Exercise: From the listing, collect all lines containing the word "false".

%%

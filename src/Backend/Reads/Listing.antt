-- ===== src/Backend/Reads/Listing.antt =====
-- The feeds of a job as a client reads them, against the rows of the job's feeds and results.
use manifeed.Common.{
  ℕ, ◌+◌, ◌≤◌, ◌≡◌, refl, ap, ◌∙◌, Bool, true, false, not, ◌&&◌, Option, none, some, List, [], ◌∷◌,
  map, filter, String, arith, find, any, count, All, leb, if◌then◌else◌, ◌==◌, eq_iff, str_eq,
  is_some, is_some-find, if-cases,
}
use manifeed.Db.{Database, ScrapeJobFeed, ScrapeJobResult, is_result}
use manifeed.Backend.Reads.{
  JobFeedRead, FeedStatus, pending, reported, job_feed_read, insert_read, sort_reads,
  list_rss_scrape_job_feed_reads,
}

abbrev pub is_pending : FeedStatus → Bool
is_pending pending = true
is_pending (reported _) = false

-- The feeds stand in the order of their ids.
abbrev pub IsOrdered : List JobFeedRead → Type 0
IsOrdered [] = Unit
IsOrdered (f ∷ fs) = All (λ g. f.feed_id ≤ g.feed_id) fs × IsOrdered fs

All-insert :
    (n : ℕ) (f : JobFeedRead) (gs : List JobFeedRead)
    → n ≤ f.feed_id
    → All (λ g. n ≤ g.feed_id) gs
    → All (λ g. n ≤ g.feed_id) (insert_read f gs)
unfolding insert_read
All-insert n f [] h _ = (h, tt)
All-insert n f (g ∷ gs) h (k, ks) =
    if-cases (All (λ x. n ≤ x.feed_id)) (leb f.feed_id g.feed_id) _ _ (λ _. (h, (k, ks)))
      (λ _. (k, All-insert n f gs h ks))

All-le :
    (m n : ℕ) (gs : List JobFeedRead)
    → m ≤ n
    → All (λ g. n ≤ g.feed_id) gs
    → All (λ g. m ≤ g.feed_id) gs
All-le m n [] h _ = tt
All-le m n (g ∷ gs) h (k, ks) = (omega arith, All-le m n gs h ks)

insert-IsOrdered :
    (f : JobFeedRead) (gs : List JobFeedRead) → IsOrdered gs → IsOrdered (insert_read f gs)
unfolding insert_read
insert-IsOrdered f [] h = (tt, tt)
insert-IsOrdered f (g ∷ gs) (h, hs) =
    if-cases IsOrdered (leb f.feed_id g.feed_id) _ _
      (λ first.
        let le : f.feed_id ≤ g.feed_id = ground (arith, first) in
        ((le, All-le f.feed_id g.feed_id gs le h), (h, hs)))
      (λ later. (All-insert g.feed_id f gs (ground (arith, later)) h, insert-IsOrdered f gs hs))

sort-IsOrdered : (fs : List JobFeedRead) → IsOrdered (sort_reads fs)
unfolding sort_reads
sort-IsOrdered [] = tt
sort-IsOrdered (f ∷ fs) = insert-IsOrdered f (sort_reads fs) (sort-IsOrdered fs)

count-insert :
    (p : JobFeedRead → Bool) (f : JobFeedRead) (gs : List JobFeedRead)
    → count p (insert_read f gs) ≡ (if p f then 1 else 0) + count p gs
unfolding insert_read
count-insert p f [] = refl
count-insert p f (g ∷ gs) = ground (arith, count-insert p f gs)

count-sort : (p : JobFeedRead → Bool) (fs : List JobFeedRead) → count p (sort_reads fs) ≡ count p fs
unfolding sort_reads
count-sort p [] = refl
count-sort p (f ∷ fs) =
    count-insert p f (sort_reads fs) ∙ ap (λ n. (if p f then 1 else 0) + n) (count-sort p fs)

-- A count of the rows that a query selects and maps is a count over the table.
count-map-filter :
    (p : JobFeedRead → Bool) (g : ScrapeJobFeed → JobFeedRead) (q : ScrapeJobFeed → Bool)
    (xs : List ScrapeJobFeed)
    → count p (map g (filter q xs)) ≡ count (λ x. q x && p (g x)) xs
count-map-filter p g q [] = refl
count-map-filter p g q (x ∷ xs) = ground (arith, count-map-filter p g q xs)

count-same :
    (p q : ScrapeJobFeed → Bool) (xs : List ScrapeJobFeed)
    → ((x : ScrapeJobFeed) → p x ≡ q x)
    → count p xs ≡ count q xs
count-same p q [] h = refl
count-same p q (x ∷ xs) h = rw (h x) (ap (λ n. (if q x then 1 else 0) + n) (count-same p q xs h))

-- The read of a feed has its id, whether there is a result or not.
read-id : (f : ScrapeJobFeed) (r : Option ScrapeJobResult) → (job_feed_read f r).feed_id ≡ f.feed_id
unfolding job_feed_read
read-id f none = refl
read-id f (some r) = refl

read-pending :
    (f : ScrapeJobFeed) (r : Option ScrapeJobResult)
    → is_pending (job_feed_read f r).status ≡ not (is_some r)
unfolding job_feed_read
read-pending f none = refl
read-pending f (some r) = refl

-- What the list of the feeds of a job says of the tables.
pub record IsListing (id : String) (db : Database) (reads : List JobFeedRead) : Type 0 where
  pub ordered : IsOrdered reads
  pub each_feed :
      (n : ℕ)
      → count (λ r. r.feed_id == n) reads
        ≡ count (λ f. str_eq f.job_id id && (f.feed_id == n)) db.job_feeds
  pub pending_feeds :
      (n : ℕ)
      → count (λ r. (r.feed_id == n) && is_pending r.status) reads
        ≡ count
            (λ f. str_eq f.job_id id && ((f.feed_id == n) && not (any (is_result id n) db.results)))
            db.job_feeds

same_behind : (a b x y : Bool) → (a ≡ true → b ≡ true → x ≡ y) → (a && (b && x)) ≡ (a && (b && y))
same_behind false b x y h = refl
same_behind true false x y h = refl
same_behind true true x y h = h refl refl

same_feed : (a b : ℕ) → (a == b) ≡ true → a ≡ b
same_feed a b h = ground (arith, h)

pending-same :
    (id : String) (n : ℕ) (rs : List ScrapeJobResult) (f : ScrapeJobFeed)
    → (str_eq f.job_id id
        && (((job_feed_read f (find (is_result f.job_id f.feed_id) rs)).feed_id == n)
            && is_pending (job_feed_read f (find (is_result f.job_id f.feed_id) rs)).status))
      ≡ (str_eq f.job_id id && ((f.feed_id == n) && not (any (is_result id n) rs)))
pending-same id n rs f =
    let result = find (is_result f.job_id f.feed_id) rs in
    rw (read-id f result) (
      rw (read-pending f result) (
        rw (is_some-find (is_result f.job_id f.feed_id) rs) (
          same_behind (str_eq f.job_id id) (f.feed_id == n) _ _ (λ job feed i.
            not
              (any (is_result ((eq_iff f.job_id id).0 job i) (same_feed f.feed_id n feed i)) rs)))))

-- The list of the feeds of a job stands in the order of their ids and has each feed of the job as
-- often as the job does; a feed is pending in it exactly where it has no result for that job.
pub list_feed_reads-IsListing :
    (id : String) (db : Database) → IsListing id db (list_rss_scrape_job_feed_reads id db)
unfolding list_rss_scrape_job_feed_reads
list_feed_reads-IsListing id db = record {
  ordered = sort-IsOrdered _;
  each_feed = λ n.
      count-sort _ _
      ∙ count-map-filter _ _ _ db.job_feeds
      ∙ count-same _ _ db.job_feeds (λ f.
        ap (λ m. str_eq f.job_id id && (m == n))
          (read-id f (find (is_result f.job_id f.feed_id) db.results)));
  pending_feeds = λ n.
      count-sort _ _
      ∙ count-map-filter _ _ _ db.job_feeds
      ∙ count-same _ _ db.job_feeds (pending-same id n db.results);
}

%%
%%

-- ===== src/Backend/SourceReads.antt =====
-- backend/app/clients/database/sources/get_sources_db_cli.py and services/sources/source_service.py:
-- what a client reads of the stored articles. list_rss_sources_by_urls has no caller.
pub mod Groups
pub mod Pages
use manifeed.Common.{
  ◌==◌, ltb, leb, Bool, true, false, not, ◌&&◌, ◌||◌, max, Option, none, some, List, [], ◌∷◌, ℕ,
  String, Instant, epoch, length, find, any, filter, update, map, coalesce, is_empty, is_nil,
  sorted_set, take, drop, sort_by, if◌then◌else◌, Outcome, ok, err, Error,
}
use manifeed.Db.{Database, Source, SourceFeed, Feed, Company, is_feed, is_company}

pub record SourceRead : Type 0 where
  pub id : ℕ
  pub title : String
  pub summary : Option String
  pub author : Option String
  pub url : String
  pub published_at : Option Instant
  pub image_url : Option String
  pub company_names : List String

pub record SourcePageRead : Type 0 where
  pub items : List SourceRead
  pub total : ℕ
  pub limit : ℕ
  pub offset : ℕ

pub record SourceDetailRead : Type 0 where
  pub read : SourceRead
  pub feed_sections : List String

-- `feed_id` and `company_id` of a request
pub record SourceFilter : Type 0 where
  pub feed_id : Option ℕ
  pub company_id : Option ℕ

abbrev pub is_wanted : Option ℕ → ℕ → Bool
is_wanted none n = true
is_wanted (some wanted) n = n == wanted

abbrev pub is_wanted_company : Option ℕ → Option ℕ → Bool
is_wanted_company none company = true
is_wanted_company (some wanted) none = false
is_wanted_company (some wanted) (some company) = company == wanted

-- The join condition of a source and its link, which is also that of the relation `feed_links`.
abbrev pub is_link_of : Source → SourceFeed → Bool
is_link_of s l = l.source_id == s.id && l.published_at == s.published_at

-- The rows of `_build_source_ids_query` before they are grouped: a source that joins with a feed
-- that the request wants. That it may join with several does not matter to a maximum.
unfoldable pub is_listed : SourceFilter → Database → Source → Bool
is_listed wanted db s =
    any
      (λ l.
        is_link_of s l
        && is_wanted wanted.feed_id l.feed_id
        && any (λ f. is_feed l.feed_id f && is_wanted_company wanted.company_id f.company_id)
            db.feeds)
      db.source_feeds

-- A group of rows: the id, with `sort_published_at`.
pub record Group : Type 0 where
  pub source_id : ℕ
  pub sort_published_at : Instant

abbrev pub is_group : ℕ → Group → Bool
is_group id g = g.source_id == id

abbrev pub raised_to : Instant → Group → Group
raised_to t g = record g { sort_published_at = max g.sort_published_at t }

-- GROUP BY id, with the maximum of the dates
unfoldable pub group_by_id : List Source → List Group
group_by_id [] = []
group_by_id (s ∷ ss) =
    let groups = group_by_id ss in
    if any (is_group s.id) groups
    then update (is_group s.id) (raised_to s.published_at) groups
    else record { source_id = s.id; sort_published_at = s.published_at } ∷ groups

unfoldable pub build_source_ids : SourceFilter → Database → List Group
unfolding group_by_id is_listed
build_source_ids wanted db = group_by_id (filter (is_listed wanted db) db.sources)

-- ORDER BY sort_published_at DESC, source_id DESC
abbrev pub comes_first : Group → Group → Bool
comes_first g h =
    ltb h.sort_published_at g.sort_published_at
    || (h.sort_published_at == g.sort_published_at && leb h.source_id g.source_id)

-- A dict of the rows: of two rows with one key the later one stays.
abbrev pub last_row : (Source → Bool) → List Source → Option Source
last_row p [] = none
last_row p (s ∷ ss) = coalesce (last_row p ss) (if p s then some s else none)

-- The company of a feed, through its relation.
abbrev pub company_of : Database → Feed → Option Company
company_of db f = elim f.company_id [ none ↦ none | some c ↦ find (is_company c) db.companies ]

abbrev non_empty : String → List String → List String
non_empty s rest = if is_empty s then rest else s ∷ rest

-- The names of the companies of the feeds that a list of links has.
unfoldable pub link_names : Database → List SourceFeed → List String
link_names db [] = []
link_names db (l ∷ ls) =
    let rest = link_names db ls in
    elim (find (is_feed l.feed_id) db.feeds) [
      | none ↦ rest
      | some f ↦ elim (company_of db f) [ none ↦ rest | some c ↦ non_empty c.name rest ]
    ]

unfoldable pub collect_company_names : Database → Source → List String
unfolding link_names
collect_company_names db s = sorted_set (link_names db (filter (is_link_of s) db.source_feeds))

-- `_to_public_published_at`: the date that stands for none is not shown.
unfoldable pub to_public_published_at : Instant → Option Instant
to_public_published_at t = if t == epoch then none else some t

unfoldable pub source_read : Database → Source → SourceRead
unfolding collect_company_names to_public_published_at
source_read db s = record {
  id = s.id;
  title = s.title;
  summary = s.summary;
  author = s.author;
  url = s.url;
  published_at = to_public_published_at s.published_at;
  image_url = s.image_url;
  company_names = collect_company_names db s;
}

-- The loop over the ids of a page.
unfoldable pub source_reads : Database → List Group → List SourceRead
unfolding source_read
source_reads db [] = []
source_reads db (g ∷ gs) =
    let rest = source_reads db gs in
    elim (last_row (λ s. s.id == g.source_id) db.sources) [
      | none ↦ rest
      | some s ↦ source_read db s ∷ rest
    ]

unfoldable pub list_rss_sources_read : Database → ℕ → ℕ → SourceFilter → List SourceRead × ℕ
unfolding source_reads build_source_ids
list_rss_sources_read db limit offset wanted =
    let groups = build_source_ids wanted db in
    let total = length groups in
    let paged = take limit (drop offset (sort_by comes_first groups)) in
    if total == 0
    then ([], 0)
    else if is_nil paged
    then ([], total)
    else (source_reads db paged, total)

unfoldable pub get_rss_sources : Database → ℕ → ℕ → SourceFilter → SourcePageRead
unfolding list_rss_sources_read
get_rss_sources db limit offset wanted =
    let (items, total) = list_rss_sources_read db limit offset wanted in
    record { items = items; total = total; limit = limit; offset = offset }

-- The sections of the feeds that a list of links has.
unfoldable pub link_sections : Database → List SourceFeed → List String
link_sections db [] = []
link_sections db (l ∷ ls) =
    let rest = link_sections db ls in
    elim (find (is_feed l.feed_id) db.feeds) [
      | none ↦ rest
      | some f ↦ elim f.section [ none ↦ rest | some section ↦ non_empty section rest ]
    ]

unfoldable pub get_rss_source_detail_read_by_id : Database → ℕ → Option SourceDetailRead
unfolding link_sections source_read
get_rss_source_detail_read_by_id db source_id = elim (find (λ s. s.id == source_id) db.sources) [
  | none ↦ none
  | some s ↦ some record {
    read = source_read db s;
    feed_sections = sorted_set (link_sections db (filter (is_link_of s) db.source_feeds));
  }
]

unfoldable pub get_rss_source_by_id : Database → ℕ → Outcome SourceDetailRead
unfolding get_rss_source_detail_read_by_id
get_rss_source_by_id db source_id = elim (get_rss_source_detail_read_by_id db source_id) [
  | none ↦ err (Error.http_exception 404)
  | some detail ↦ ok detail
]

%%
%%

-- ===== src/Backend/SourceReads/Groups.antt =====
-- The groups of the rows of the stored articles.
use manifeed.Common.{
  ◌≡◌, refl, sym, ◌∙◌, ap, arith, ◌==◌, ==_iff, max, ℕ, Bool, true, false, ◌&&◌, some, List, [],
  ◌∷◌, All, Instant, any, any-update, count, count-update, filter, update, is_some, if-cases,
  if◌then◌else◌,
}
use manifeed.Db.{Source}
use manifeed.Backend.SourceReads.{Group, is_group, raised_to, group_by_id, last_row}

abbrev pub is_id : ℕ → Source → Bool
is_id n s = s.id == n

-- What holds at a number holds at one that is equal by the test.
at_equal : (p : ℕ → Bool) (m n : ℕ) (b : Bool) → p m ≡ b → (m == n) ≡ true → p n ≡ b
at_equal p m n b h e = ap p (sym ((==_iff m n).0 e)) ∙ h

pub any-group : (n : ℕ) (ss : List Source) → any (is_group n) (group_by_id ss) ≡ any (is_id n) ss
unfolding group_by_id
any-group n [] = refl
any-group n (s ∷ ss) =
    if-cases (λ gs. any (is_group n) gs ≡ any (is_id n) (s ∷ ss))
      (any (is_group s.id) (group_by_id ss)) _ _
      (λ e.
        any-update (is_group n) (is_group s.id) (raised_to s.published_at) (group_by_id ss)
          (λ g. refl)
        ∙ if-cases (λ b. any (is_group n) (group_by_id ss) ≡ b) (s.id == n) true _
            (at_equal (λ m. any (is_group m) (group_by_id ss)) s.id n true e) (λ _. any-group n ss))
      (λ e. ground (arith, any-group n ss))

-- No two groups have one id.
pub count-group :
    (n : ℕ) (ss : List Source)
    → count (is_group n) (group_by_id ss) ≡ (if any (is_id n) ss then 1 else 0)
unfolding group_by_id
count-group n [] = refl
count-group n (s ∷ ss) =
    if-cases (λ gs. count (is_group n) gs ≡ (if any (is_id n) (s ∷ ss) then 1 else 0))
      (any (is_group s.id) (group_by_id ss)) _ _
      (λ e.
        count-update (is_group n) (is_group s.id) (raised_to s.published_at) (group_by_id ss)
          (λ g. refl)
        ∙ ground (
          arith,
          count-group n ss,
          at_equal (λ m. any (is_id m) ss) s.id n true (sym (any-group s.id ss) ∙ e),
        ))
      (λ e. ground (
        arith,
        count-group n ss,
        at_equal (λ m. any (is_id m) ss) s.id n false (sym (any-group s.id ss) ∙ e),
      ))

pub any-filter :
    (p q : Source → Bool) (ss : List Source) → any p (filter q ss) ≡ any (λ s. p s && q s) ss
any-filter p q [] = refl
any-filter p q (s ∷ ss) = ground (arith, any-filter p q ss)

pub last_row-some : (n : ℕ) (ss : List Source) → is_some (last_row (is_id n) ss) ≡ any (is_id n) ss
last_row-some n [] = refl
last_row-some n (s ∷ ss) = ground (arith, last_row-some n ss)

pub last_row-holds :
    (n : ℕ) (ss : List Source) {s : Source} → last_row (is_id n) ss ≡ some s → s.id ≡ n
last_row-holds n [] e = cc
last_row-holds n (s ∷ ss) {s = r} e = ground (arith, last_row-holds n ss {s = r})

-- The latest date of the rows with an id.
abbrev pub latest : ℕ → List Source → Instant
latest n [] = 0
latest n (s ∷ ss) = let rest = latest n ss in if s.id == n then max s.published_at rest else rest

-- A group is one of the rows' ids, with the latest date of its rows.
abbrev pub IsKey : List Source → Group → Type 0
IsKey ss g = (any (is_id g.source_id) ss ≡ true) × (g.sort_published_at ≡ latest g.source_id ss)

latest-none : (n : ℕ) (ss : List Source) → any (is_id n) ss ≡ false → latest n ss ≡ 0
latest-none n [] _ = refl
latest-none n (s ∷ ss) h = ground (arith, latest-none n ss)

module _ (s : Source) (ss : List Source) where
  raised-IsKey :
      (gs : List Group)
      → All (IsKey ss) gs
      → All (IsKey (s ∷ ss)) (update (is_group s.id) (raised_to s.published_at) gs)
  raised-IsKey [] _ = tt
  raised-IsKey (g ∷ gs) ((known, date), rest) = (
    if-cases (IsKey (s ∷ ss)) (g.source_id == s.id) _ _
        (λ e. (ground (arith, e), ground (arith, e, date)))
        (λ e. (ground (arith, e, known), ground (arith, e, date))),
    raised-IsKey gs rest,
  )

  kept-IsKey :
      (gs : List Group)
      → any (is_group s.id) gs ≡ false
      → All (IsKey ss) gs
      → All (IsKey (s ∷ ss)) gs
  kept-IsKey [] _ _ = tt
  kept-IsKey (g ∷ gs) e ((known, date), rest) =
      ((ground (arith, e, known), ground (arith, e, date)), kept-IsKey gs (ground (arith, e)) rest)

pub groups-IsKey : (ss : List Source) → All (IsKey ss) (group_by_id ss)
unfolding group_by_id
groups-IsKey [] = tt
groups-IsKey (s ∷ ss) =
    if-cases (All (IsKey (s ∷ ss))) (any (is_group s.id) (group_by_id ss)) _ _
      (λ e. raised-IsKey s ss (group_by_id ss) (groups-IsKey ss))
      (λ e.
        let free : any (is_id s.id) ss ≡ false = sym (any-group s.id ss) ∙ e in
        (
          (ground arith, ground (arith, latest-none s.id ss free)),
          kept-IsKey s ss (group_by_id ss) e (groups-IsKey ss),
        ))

%%

Exercise answer:
  ℕ, ◌+◌, ◌≤◌, ◌≡◌, refl, ap, ◌∙◌, Bool, true, false, not, ◌&&◌, Option, none, some, List, [], ◌∷◌,
is_pending (reported _) = false
same_behind false b x y h = refl
same_behind true false x y h = refl
  ◌==◌, ltb, leb, Bool, true, false, not, ◌&&◌, ◌||◌, max, Option, none, some, List, [], ◌∷◌, ℕ,
is_wanted_company (some wanted) none = false
  ◌≡◌, refl, sym, ◌∙◌, ap, arith, ◌==◌, ==_iff, max, ℕ, Bool, true, false, ◌&&◌, some, List, [],
        at_equal (λ m. any (is_id m) ss) s.id n false (sym (any-group s.id ss) ∙ e),
latest-none : (n : ℕ) (ss : List Source) → any (is_id n) ss ≡ false → latest n ss ≡ 0
      → any (is_group s.id) gs ≡ false
        let free : any (is_id s.id) ss ≡ false = sym (any-group s.id ss) ∙ e in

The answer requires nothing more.